Según un vocero no autorizado del Ministerio de las Comunas, que manifestó estar interesado en aclarar la situación irregular que se produjo con la tardanza en la entrega de los alimentos, lo que ocurrió fue simple y llanamente el típico retraso característico de todo cambio de riendas en la administración pública, “la nueva directora se encontró con tareas y demandas que toma tiempo asumir, no se pueden resolver los problemas de un día para otro, menos en una institución con tantas atribuciones y responsabilidades, hay que tener paciencia”.

Según su testimonio, el retraso en la entrega de más de 400 cajas Clap obedeció a la carencia de transporte para traerlas hasta Tucupita, “ha transcurrido un mes, durante ese tiempo hemos tratado de ubicar una institución con camión cava en Tucupita que nos lo preste o facilite, y no la hemos conseguido”.

“Contactamos a los representantes de la empresa Transdelta para que nos alquilaran un vehículo, sin embargo no se pudo, se nos explico que la comida debe estar protegida y bajo una cubierta solida, no se puede autorizar su traslado en vehículos que la exhiban y carezcan de revestimiento que le brinde resguardo, son medidas de seguridad”, indicó la fuente.

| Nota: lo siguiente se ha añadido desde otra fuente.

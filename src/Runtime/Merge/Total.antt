-- ===== src/Runtime/Merge/Total.antt =====
-- A whole run of merge.rs.
use mathlib.Core.List.{append-nil}
use flume_rs.Base.{
  ◌+◌, ◌*◌, ◌≤◌, ◌≡◌, refl, List, [], ◌∷◌, true, length, Bool-cases, inl, inr, arith,
}
use flume_rs.Core.Record.{StreamElement}
use flume_rs.Core.Result.{ok, after_ok}
use flume_rs.Core.Collector.{recorder}
use flume_rs.Runtime.Merge.Views.{Output, lefts, rights, records, Rises}
use flume_rs.Runtime.Merge.Step.{IsValid, round-Keeps, initial-IsValid}
use flume_rs.Runtime.Merge.Falls.{work, round-falls}
use flume_rs.Runtime.Merge.{Side, Merge, round, is_done, initial, two_input_merge}

module _ {A B : Type 0} (all1 : List (StreamElement A)) (all2 : List (StreamElement B)) where
  pub run-IsValid :
      (choices : List Side) (m : Merge A B) (sent : Output A B)
      → IsValid all1 all2 m sent
      → work m ≤ length choices
      → let r = two_input_merge recorder choices (m, sent) in
        (r.0 ≡ ok true) × (is_done r.1.0 ≡ true) × IsValid all1 all2 r.1.0 r.1.1
  unfolding two_input_merge
  run-IsValid [] m sent v h = ground arith
  run-IsValid (choice ∷ choices) m sent v h = elim (Bool-cases (is_done m)) [
    | inl e ↦ rw e (refl, e, v)
    | inr e ↦
        let k = round-Keeps all1 all2 choice m sent v in
        let f = round-falls all1 all2 choice m sent v e in
        rw
          (
            e,
            after_ok (round recorder choice (m, sent)) tt (λ _. two_input_merge recorder choices)
                k.0,
          )
          (run-IsValid choices (round recorder choice (m, sent)).1.0
            (round recorder choice (m, sent)).1.1 k.1 (omega arith))
  ]

  -- Whatever the schedule, if it has two choices for every element and one for each input, the
  -- merger of two finite inputs ends without an error on a channel that accepts all it is sent. It
  -- has then sent every record of each input once, in the order of that input, and no other
  -- record; and the watermarks that it sent rise strictly.
  pub two_input_merge_total :
      (choices : List Side)
      → 2 * length all1 + 2 * length all2 + 2 ≤ length choices
      → let r = two_input_merge recorder choices (initial all1 all2, []) in
        (r.0 ≡ ok true)
        × (lefts r.1.1 ≡ records all1)
        × (rights r.1.1 ≡ records all2)
        × Rises 0 r.1.1 r.1.0.last_forwarded_watermark
  two_input_merge_total choices h =
      let k =
        run-IsValid choices (initial all1 all2) [] (initial-IsValid all1 all2) (omega arith) in
      ground (
        arith,
        k,
        append-nil (lefts (two_input_merge recorder choices (initial all1 all2, [])).1.1),
        append-nil (rights (two_input_merge recorder choices (initial all1 all2, [])).1.1),
      )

“Los alimentos están en Clarines y su traslado es muy costoso en vehículos privados, tanto que cuesta mucho más moverlos que el propio costo de los alimentos, creo que los trabajadores lo comprendieron y entienden que estamos tan preocupados como ellos en que vengan, también nosotros somos afectados”, señaló.

“A los trabajadores que reclamaban se les explicó lo que ocurría y fuimos con ellos a buscar un camión, pudiendo ver que no lo conseguimos, continuaremos tocando puertas hasta que esto se resuelva, nuestro personal es lo primero, a ellos nos debemos y se lo vamos a demostrar”, finalizó.